Words by Sam van Heerden
Dr Richard Pithouse, academic, activist and member of the Unit for Humanities at Rhodes University (UHURU), launched his book ‘Writing the Decline’ at Rhodes University on Thursday evening, 15 April. The book chronicles the supposed decline of South Africa in the Zuma era.
“[The book] is a collection of interventions into the public sphere,” said Pithouse. The book is in the form of a collection of newspaper articles written over the past 8 years, based mainly on experiences in both Durban and Grahamstown. The articles cover both the decline and criticism of Zuma’s era in office, but also cover the stories and experiences of marginalised groups.

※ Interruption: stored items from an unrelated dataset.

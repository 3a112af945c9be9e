-- ===== src/Actions/Lifecycle/Steps.antt =====
-- The approval lifecycle as a state machine: what one decision may do to the tables. It says
-- nothing of how a method comes to its verdict.
use queryops_ai.Prelude.{
  ℕ, Bool, true, false, Option, some, List, ◌++◌, length, if◌then◌else◌, ◌≡◌, refl, ◌⊎◌, arith,
}
use queryops_ai.Prelude.Uuid.{Uuid}
use queryops_ai.Actions.Rows.{
  ActionRequest, ApprovalRequest, ActionStatus, ApprovalStatus, AuditLog, Tables,
}
use queryops_ai.Actions.Session.{Session, put}
use queryops_ai.Actions.Lifecycle.Base.{links_to}

pub data Verdict : Type 0 where
  expire reject complete fail escalate cancel : Verdict

abbrev pub action_after : Verdict → ActionStatus
action_after Verdict.expire = ActionStatus.expired
action_after Verdict.reject = ActionStatus.rejected
action_after Verdict.complete = ActionStatus.completed
action_after Verdict.fail = ActionStatus.failed
action_after Verdict.escalate = ActionStatus.pending_approval
action_after Verdict.cancel = ActionStatus.cancelled

abbrev pub approval_after : Verdict → ApprovalStatus
approval_after Verdict.expire = ApprovalStatus.expired
approval_after Verdict.reject = ApprovalStatus.rejected
approval_after Verdict.complete = ApprovalStatus.approved
approval_after Verdict.fail = ApprovalStatus.approved
approval_after Verdict.escalate = ApprovalStatus.pending
approval_after Verdict.cancel = ApprovalStatus.cancelled

abbrev pub audits_of : Verdict → ℕ
audits_of Verdict.complete = 2
audits_of _ = 1

-- The two rows stand in the tables and belong together.
pub record IsPair {D : Type 0} (t : Tables D) (a : ActionRequest) (p : ApprovalRequest)
    : Type 0 where
  pub found_action : t.actions a.id ≡ some a
  pub found_approval : t.approvals p.id ≡ some p
  pub linked : links_to p.action_request_id a.id ≡ true

pub record IsPendingPair {D : Type 0} (t : Tables D) (a : ActionRequest) (p : ApprovalRequest)
    : Type 0 where
  pub pair : IsPair t a p
  pub action_pending : a.status ≡ ActionStatus.pending_approval
  pub approval_pending : p.status ≡ ApprovalStatus.pending

-- One decision on one pending pair: both rows change together, to the statuses of the verdict, with
-- as many audit rows as the verdict takes. Every other row stays, and what the handlers work on
-- changes only where an action completes.
pub record Step {D : Type 0} (t t' : Tables D) : Type 0 where
  pub verdict : Verdict
  pub a : ActionRequest
  pub a' : ActionRequest
  pub p : ApprovalRequest
  pub p' : ApprovalRequest
  pub before : IsPendingPair t a p
  pub same_action : a'.id ≡ a.id
  pub same_approval : p'.id ≡ p.id
  pub same_link : p'.action_request_id ≡ p.action_request_id
  pub action_status : a'.status ≡ action_after verdict
  pub approval_status : p'.status ≡ approval_after verdict
  pub actions : (j : Uuid) → t'.actions j ≡ put t.actions a.id a' j
  pub approvals : (j : Uuid) → t'.approvals j ≡ put t.approvals p.id p' j
  pub keys : t'.approval_keys ≡ t.approval_keys
  pub logs : List AuditLog
  pub audited : t'.audits ≡ t.audits ++ logs
  pub audit_count : length logs ≡ audits_of verdict
  pub domain : (verdict ≡ Verdict.complete) ⊎ (t'.domain ≡ t.domain)

-- One decision, with this verdict.
abbrev pub Decides : {D : Type 0} → Tables D → Tables D → Verdict → Type 0
Decides t t' v = (step : Step t t') × (step.verdict ≡ v)

-- A method changed nothing that others can see, or made one decision.
abbrev pub Moves : {D : Type 0} → Tables D → Session D → Type 0
Moves {D} t s = (s.saved ≡ t) ⊎ ((after : Tables D) × Step t after × (s.saved ≡ after))

-- Rows stand under their own primary keys.
pub record IsKeyed {D : Type 0} (t : Tables D) : Type 0 where
  pub actions : (k : Uuid) (a : ActionRequest) → t.actions k ≡ some a → a.id ≡ k
  pub approvals : (k : Uuid) (p : ApprovalRequest) → t.approvals k ≡ some p → p.id ≡ k

-- Writing a row twice is writing it the second time.
pub put-put :
    {A : Type 0} (rows : Uuid → Option A) (k : Uuid) (r₁ r₂ : A) (j : Uuid)
    → put (put rows k r₁) k r₂ j ≡ put rows k r₂ j
put-put rows k r₁ r₂ j = ground arith

-- A method that branches makes a move if both of its branches do.
pub Moves-if :
    {D : Type 0} (A : Type 0) (t : Tables D) (b : Bool) (x y : A × Session D)
    → (b ≡ true → Moves t x.1)
    → (b ≡ false → Moves t y.1)
    → Moves t (if b then x else y).1
Moves-if A t true x y hx hy = hx refl
Moves-if A t false x y hx hy = hy refl
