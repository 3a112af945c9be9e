-- ===== src/Actions/Lifecycle/Invariant.antt =====
-- What every decision of the state machine keeps, and what every sequence of decisions keeps.
use queryops_ai.Prelude.{
  Bool, true, false, Option, none, some, contains_id, ◌==◌, ◌≡◌, refl, ap, sym, ◌∙◌, ◌⊎◌, inl, inr,
  arith, Bool-cases, ==_iff,
}
use queryops_ai.Prelude.Uuid.{Uuid}
use mathlib.Core.Option.{some-injective}
use queryops_ai.Actions.Rows.{ActionRequest, ApprovalRequest, ActionStatus, ApprovalStatus, Tables}
use queryops_ai.Actions.Session.{put}
use queryops_ai.Actions.Lifecycle.Base.{links_to}
use queryops_ai.Actions.Lifecycle.Steps.{Verdict, action_after, approval_after, IsKeyed, Step}

-- The statuses that an action and its approval may have together.
abbrev pub is_coherent : ActionStatus → ApprovalStatus → Bool
is_coherent ActionStatus.pending_approval ApprovalStatus.pending = true
is_coherent ActionStatus.completed ApprovalStatus.approved = true
is_coherent ActionStatus.failed ApprovalStatus.approved = true
is_coherent ActionStatus.rejected ApprovalStatus.rejected = true
is_coherent ActionStatus.expired ApprovalStatus.expired = true
is_coherent ActionStatus.cancelled ApprovalStatus.cancelled = true
is_coherent _ _ = false

-- The approvals stand under the listed keys and name different actions (the column is UNIQUE), and the statuses of an approval and of
-- the action that it names go together.
pub record IsCoherent {D : Type 0} (t : Tables D) : Type 0 where
  pub keyed : IsKeyed t
  pub listed :
      (k : Uuid) (p : ApprovalRequest)
      → t.approvals k ≡ some p
      → contains_id k t.approval_keys ≡ true
  pub one_each :
      (j k : Uuid) (p q : ApprovalRequest) (i : Uuid)
      → t.approvals j ≡ some p
      → t.approvals k ≡ some q
      → links_to p.action_request_id i ≡ true
      → links_to q.action_request_id i ≡ true
      → j ≡ k
  pub together :
      (j i : Uuid) (p : ApprovalRequest) (a : ActionRequest)
      → t.approvals j ≡ some p
      → t.actions i ≡ some a
      → links_to p.action_request_id i ≡ true
      → is_coherent a.status p.status ≡ true

is_coherent_after : (v : Verdict) → is_coherent (action_after v) (approval_after v) ≡ true
is_coherent_after Verdict.expire = refl
is_coherent_after Verdict.reject = refl
is_coherent_after Verdict.complete = refl
is_coherent_after Verdict.fail = refl
is_coherent_after Verdict.escalate = refl
is_coherent_after Verdict.cancel = refl

-- What a row of the table after a write is: the written one, or one from before.
pub put-cases :
    {A : Type 0} (rows : Uuid → Option A) (k : Uuid) (r : A) (j : Uuid) (x : A)
    → put rows k r j ≡ some x
    → ((j ≡ k) × (x ≡ r)) ⊎ (((j == k) ≡ false) × (rows j ≡ some x))
put-cases rows k r j x h = elim (Bool-cases (j == k)) [
  | inl same ↦ inl ((==_iff j k).0 same, ground (arith, same))
  | inr other ↦ inr (other, ground (arith, other))
]

links_to_unique :
    (link : Option Uuid) (i j : Uuid) → links_to link i ≡ true → links_to link j ≡ true → i ≡ j
links_to_unique none i j hi hj = ground arith
links_to_unique (some k) i j hi hj = ground arith

module _ {D : Type 0} {t t' : Tables D} (step : Step t t') where
  action_cases :
      (k : Uuid) (x : ActionRequest)
      → t'.actions k ≡ some x
      → ((k ≡ step.a.id) × (x ≡ step.a')) ⊎ (((k == step.a.id) ≡ false) × (t.actions k ≡ some x))
  action_cases k x h = put-cases t.actions step.a.id step.a' k x (sym (step.actions k) ∙ h)

  approval_cases :
      (k : Uuid) (x : ApprovalRequest)
      → t'.approvals k ≡ some x
      → ((k ≡ step.p.id) × (x ≡ step.p')) ⊎ (((k == step.p.id) ≡ false) × (t.approvals k ≡ some x))
  approval_cases k x h = put-cases t.approvals step.p.id step.p' k x (sym (step.approvals k) ∙ h)

  -- A row that is no longer pending is never written again.
  pub Step-decided :
      (j : Uuid) (p : ApprovalRequest)
      → t.approvals j ≡ some p
      → ¬ (p.status ≡ ApprovalStatus.pending)
      → t'.approvals j ≡ some p
  Step-decided j p found decided = elim (Bool-cases (j == step.p.id)) [
    | inr other ↦ rw (step.approvals j, other) found
    | inl same ↦
        let e : step.p.id ≡ j = sym ((==_iff j step.p.id).0 same) in
        let same_row : some p ≡ some step.p =
          sym found ∙ ap t.approvals (sym e) ∙ step.before.pair.found_approval in
        elim (decided (
          ap ApprovalRequest.status (some-injective p step.p same_row)
          ∙ step.before.approval_pending)) [ ]
  ]

  -- The approval at a key names the same action as before.
  old_approval :
      (k : Uuid) (x : ApprovalRequest)
      → t'.approvals k ≡ some x
      → (y : ApprovalRequest) × (t.approvals k ≡ some y)
        × (x.action_request_id ≡ y.action_request_id)
  old_approval k x h = elim (approval_cases k x h) [
    | inl (at, e) ↦ (
      step.p,
      ap t.approvals at ∙ step.before.pair.found_approval,
      ap ApprovalRequest.action_request_id e ∙ step.same_link,
    )
    | inr (other, found) ↦ (x, found, refl)
  ]

  Step-IsKeyed : IsKeyed t → IsKeyed t'
  Step-IsKeyed keyed = record {
    actions = λ k x h. elim (action_cases k x h) [
      | inl (at, e) ↦ ap ActionRequest.id e ∙ step.same_action ∙ sym at
      | inr (other, found) ↦ keyed.actions k x found
    ];
    approvals = λ k x h. elim (approval_cases k x h) [
      | inl (at, e) ↦ ap ApprovalRequest.id e ∙ step.same_approval ∙ sym at
      | inr (other, found) ↦ keyed.approvals k x found
    ];
  }

  Step-together :
      IsCoherent t
      → (j i : Uuid) (p : ApprovalRequest) (a : ActionRequest) → t'.approvals j ≡ some p
      → t'.actions i ≡ some a
      → links_to p.action_request_id i ≡ true
      → is_coherent a.status p.status ≡ true
  Step-together c j i p a at_j at_i linked =
      let (y, found_y, same_link) = old_approval j p at_j in
      let linked_y : links_to y.action_request_id i ≡ true =
        ap (λ l. links_to l i) (sym same_link) ∙ linked in
      elim (approval_cases j p at_j) [
        | inl (j_is, p_is) ↦
            let linked_p : links_to step.p.action_request_id i ≡ true =
              ap (λ l. links_to l i)
                (sym step.same_link ∙ sym (ap ApprovalRequest.action_request_id p_is))
              ∙ linked in
            let i_is =
              links_to_unique step.p.action_request_id i step.a.id linked_p
                step.before.pair.linked in
            elim (action_cases i a at_i) [
              | inl (_, a_is) ↦
                  rw (a_is, p_is, step.action_status, step.approval_status)
                    (is_coherent_after step.verdict)
              | inr (other, _) ↦ ground (arith, i_is, other)
            ]
        | inr (other, found) ↦ elim (action_cases i a at_i) [
          | inr (_, found_a) ↦ c.together j i p a found found_a linked
          | inl (i_is, _) ↦
              let j_is =
                c.one_each j step.p.id p step.p i found step.before.pair.found_approval linked
                  (ap (links_to step.p.action_request_id) i_is ∙ step.before.pair.linked) in
              ground (arith, j_is, other)
        ]
      ]

  -- Every decision keeps the tables coherent.
  pub Step-IsCoherent : IsCoherent t → IsCoherent t'
  Step-IsCoherent c = record {
    keyed = Step-IsKeyed c.keyed;
    listed = λ k p at.
        let (p₀, found, _) = old_approval k p at in
        ap (contains_id k) step.keys ∙ c.listed k p₀ found;
    one_each = λ j k p q i at_j at_k linked_p linked_q.
        let (p₀, found_p, same_p) = old_approval j p at_j in
        let (q₀, found_q, same_q) = old_approval k q at_k in
        c.one_each j k p₀ q₀ i found_p found_q (ap (λ l. links_to l i) (sym same_p) ∙ linked_p)
          (ap (λ l. links_to l i) (sym same_q) ∙ linked_q);
    together = Step-together c;
  }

At the launch, Pithouse explained that he has been writing for the public sphere for twenty years and that he did not plan on becoming an academic. He briefly described his journey into the world of writing in Durban, and explained how he grew critical of the mainstream Durban Press because of what they thought was, or more importantly was not, newsworthy.
Pithouse wrote about what the mainstream media ignored - the oppressed and marginalized, especially the poor, and their experiences of police brutality. “Colonialism on the theoretical level is an ontological split between those considered human and those not considered human,” he explained, “I’ve really tried my best to tell the truth about peoples’ lives and experiences.”
Initially when approached to write the book, Pithouse turned the offer down because his stuff is already on websites. But he said yes the second time because he realised that digital archives aren’t stable. “I wanted to take those stories of people who had been killed by the police and assassinated and to have them out there because no-one else had done that work,” he said.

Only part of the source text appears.